Hi all, I have some confusion regarding the mobilenet example provided in the F-RCNN Code.
In particular, copying the code as given in the example:
import torch
import torchvision
from torchvision.models.detection import FasterRCNN
from torchvision.models.detection.rpn import AnchorGenerator
# load a pre-trained model for classification and return
# only the features
backbone = torchvision.models.mobilenet_v2(pretrained=False).features
# FasterRCNN needs to know the number of
# output channels in a backbone. For mobilenet_v2, it's 1280
# so we need to add it here
backbone.out_channels = 1280
# let's make the RPN generate 5 x 3 anchors per spatial
# location, with 5 different sizes and 3 different aspect
# ratios. We have a Tuple[Tuple[int]] because each feature
# map could potentially have different sizes and
# aspect ratios
anchor_generator = AnchorGenerator(sizes=((32, 64, 128, 256, 512),),
aspect_ratios=((0.5, 1.0, 2.0),))
# let's define what are the feature maps that we will
# use to perform the region of interest cropping, as well as
# the size of the crop after rescaling.
# if your backbone returns a Tensor, featmap_names is expected to
# be [0]. More generally, the backbone should return an
# OrderedDict[Tensor], and in featmap_names you can choose which
# feature maps to use.
roi_pooler = torchvision.ops.MultiScaleRoIAlign(featmap_names=[0],
output_size=7,
sampling_ratio=2)
#put the pieces together inside a FasterRCNN model
model = FasterRCNN(backbone, num_classes=2, rpn_anchor_generator=anchor_generator, box_roi_pool=roi_pooler)
model.eval()
x = [torch.rand(3, 300, 400), torch.rand(3, 500, 400)]
predictions = model(x)
And running the code from a fresh docker (built last night) , gives the following error trace:
Traceback (most recent call last):
File "mobileNetExample.py", line 38, in <module>
predictions = model(x)
File "/opt/conda/lib/python3.7/site-packages/torch/nn/modules/module.py", line 539, in __call__
result = self.forward(*input, **kwargs)
File "/opt/conda/lib/python3.7/site-packages/torchvision/models/detection/generalized_rcnn.py", line 71, in forward
detections, detector_losses = self.roi_heads(features, proposals, images.image_sizes, targets)

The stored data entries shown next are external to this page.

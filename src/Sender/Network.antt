-- ===== src/Sender/Network.antt =====
-- `RunNetwork` of app/src/main/jni/SenderSession.cpp as a whole, `RunNTPServer` and `StartStreaming`.
use audio_sync.Base.{
  ℕ, zero, suc, ◌+◌, ◌≡◌, inl, inr, Bool, true, false, ◌&&◌, ◌||◌, Option, none, some, List, [],
  ◌∷◌, if◌then◌else◌, Bool-cases,
}
use audio_sync.Base.Int.{ℤ, pos, negsuc, ltb_ℤ}
use audio_sync.Ndk.{Extractor}
use audio_sync.AppPacket.{ClockReading}
use audio_sync.Rtp.{Transmitter}
use audio_sync.Sender.{Streaming, playback_start, stream, first_state}

-- What the thread finds while it runs: whether `connectedSources` is 0, at each check that finds the
-- session running; whether it runs behind these checks; the clock when it starts; and how often the
-- loop that sends finds it running.
pub record Course : Type 0 where
  pub no_sources : List Bool
  pub running : Bool
  pub now : ClockReading
  pub rounds : ℕ

-- The loop that waits for clients, and the check behind it: whether the thread goes on.
abbrev pub client_there : List Bool → Bool
client_there [] = false
client_there (true ∷ checks) = client_there checks
client_there (false ∷ checks) = true

module _ (e : Extractor) (t : Transmitter) (htonq : ℤ → List ℕ) where
  -- `playbackStartUs`, and the state at the end; `none` if nothing is sent, not even a BYE.
  unfoldable pub run_network :
      Option e.State → Course → t.State → Option (ℤ × Streaming e.State t.State)
  run_network none c rtp = none
  run_network (some extractor) c rtp =
      let start = playback_start c.now in
      if client_there c.no_sources && c.running
      then some (start, stream e t htonq c.rounds start (first_state e t htonq extractor rtp))
      else none

-- What `RunNTPServer` calls.
pub data NtpCall : Type 0 where
  start_server : ℕ → NtpCall
  serve : NtpCall
  stop_server : NtpCall

-- AUDIOSYNC_SNTP_PORT_OFFSET.
abbrev pub sntp_port_offset : ℕ
sntp_port_offset = 3

-- An answer of `msntp_serve` that ends the thread.
abbrev pub is_fatal : ℤ → Bool
is_fatal answer = ltb_ℤ (pos 0) answer || ltb_ℤ answer (negsuc 0)

-- The loop, over the answers of `msntp_serve` in the rounds that find the session running.
unfoldable pub serve_all : List ℤ → List NtpCall
serve_all [] = stop_server ∷ []
serve_all (answer ∷ answers) =
    let rest = serve_all answers in serve ∷ (if is_fatal answer then [] else rest)

-- `started` is the answer of `msntp_start_server`.
unfoldable pub run_ntp_server : ℕ → ℤ → List ℤ → List NtpCall
unfolding serve_all
run_ntp_server portbase started answers =
    start_server (portbase + sntp_port_offset)
    ∷ elim started [ pos zero ↦ serve_all answers | pos (suc n) ↦ [] | negsuc n ↦ [] ]

-- `_checkerror`: the error that is logged, and nothing else.
abbrev pub check_error : ℤ → Option ℤ
check_error (pos status) = none
check_error (negsuc status) = some (negsuc status)

-- A sender that was started. Both threads run, and `logged` is the error of `Create`, if it has one.
pub record Started (E : Type 0) : Type 0 where
  pub portbase : ℕ
  pub default_mark : Bool
  pub local_name : List ℕ
  pub extractor : Option E
  pub ntp_portbase : ℕ
  pub logged : Option ℤ

-- `transparams` is a global variable, from which the SNTP server takes its port; `created` is
-- what `Create` returns.
unfoldable pub start_streaming : {E : Type 0} → ℤ → ℕ → Option E → Started E
start_streaming created portbase extractor = record {
  portbase = portbase;
  default_mark = false;
  local_name = b'S' ∷ b'e' ∷ b'n' ∷ b'd' ∷ b'e' ∷ b'r' ∷ [];
  extractor = extractor;
  ntp_portbase = portbase;
  logged = check_error created;
}

-- A server that is stopped, or left by the thread.
pub data Ending : List ℤ → List NtpCall → Type 0 where
  stopped : Ending [] (stop_server ∷ [])
  served :
      {answer : ℤ} {answers : List ℤ} {calls : List NtpCall}
      → is_fatal answer ≡ false
      → Ending answers calls
      → Ending (answer ∷ answers) (serve ∷ calls)
  left :
      {answer : ℤ} {answers : List ℤ}
      → is_fatal answer ≡ true
      → Ending (answer ∷ answers) (serve ∷ [])

-- A server that has started serves until the session is stopped, and is stopped then; an answer that is
-- positive or below -1 makes the thread leave at once, and the server is not stopped.
pub serve_all-Ending : (answers : List ℤ) → Ending answers (serve_all answers)
unfolding serve_all
serve_all-Ending [] = stopped
serve_all-Ending (answer ∷ answers) = elim (Bool-cases (is_fatal answer)) [
  | inl fatal ↦ rw fatal (left fatal)
  | inr fine ↦ rw fine (served fine (serve_all-Ending answers))
]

File "/opt/conda/lib/python3.7/site-packages/torch/nn/modules/module.py", line 539, in __call__
result = self.forward(*input, **kwargs)
File "/opt/conda/lib/python3.7/site-packages/torchvision/models/detection/roi_heads.py", line 756, in forward
box_features = self.box_roi_pool(features, proposals, image_shapes)
File "/opt/conda/lib/python3.7/site-packages/torch/nn/modules/module.py", line 539, in __call__
result = self.forward(*input, **kwargs)
File "/opt/conda/lib/python3.7/site-packages/torchvision/ops/poolers.py", line 188, in forward
self.setup_scales(x_filtered, image_shapes)

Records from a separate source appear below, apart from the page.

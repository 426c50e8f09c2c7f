-- ===== src/Core/Begin.antt =====
-- `initAudio`, `startStreamingAsset`, `startStreamingUri` and `startReceiving` of
-- app/src/main/jni/AudioCore.cpp. Texts and assets of Java are given by what the NDK makes of them.
use audio_sync.Base.{ℕ, ◌%◌, ◌^◌, Option, none, some}
use audio_sync.Base.Int.{ℤ, pos, negsuc}
use audio_sync.Sender.{to_uint32}
use audio_sync.Sender.Network.{Started, start_streaming}
use audio_sync.Player.Init.{Audio, init_global}
use audio_sync.Core.{Core, sender, start}

-- What SIGUSR1 does: it ends the process, or the thread by `thread_exit_handler`. jthread sends it to
-- kill a thread.
pub data Handler : Type 0 where
  ends_process : Handler
  ends_thread : Handler

unfoldable pub init_audio : {A : Type 0} → ℤ → ℤ → Audio A × Handler → Audio A × Handler
unfolding to_uint32 init_global
init_audio samples_per_sec frames_per_buffer (s, _) =
    (init_global (to_uint32 samples_per_sec) (to_uint32 frames_per_buffer) s, ends_thread)

-- The cast of a `jint` to `uint16_t`.
abbrev pub to_port : ℤ → ℕ
to_port portbase = to_uint32 portbase % 2 ^ 16

-- An asset that was opened has a file descriptor, an offset and a size; `none` is the assertion.
-- `created` is what `Create` of the session returns.
unfoldable pub start_streaming_asset :
    {E : Type 0}
    → (ℕ → ℕ → ℕ → Option E)
    → ℤ
    → ℤ
    → Option (ℤ × ℕ × ℕ)
    → Core
    → Option (Option (Started E) × Core)
unfolding start start_streaming
start_streaming_asset create_extractor created portbase none c = some (none, c)
start_streaming_asset create_extractor created portbase (some (pos fd, offset, size)) c = some (
  some (start_streaming created (to_port portbase) (create_extractor fd offset size)),
  start sender c,
)
start_streaming_asset create_extractor created portbase (some (negsuc fd, offset, size)) c = none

File "/opt/conda/lib/python3.7/site-packages/torchvision/ops/poolers.py", line 161, in setup_scales
lvl_min = -torch.log2(torch.tensor(scales[0], dtype=torch.float32)).item()
IndexError: list index out of range
Making either of the following changes lets the evaluate at least run through:
model = FasterRCNN(backbone, num_classes=2, rpn_anchor_generator=anchor_generator) #using the default roi_pooler
OR
roi_pooler = torchvision.ops.MultiScaleRoIAlign(featmap_names=['0'],
output_size=7,
sampling_ratio=2)
Looking at the typing notes for the pooler, it seems like the input should be a list[str], and it’s not clear to me how passing featmap_names=[0] is supposed to be handled.
Ultimately, I’m not sure how to build an F-RCNN following the mobile net example (e.g. using a backbone that returns a tensor rather than a dict). Is the example provided in the code actually correct? If not, would setting featmap_names=[‘0’] provide correct behavior, or is it necessary to wrap the outputs up into a singleton dict?
Thanks for any insight you might have!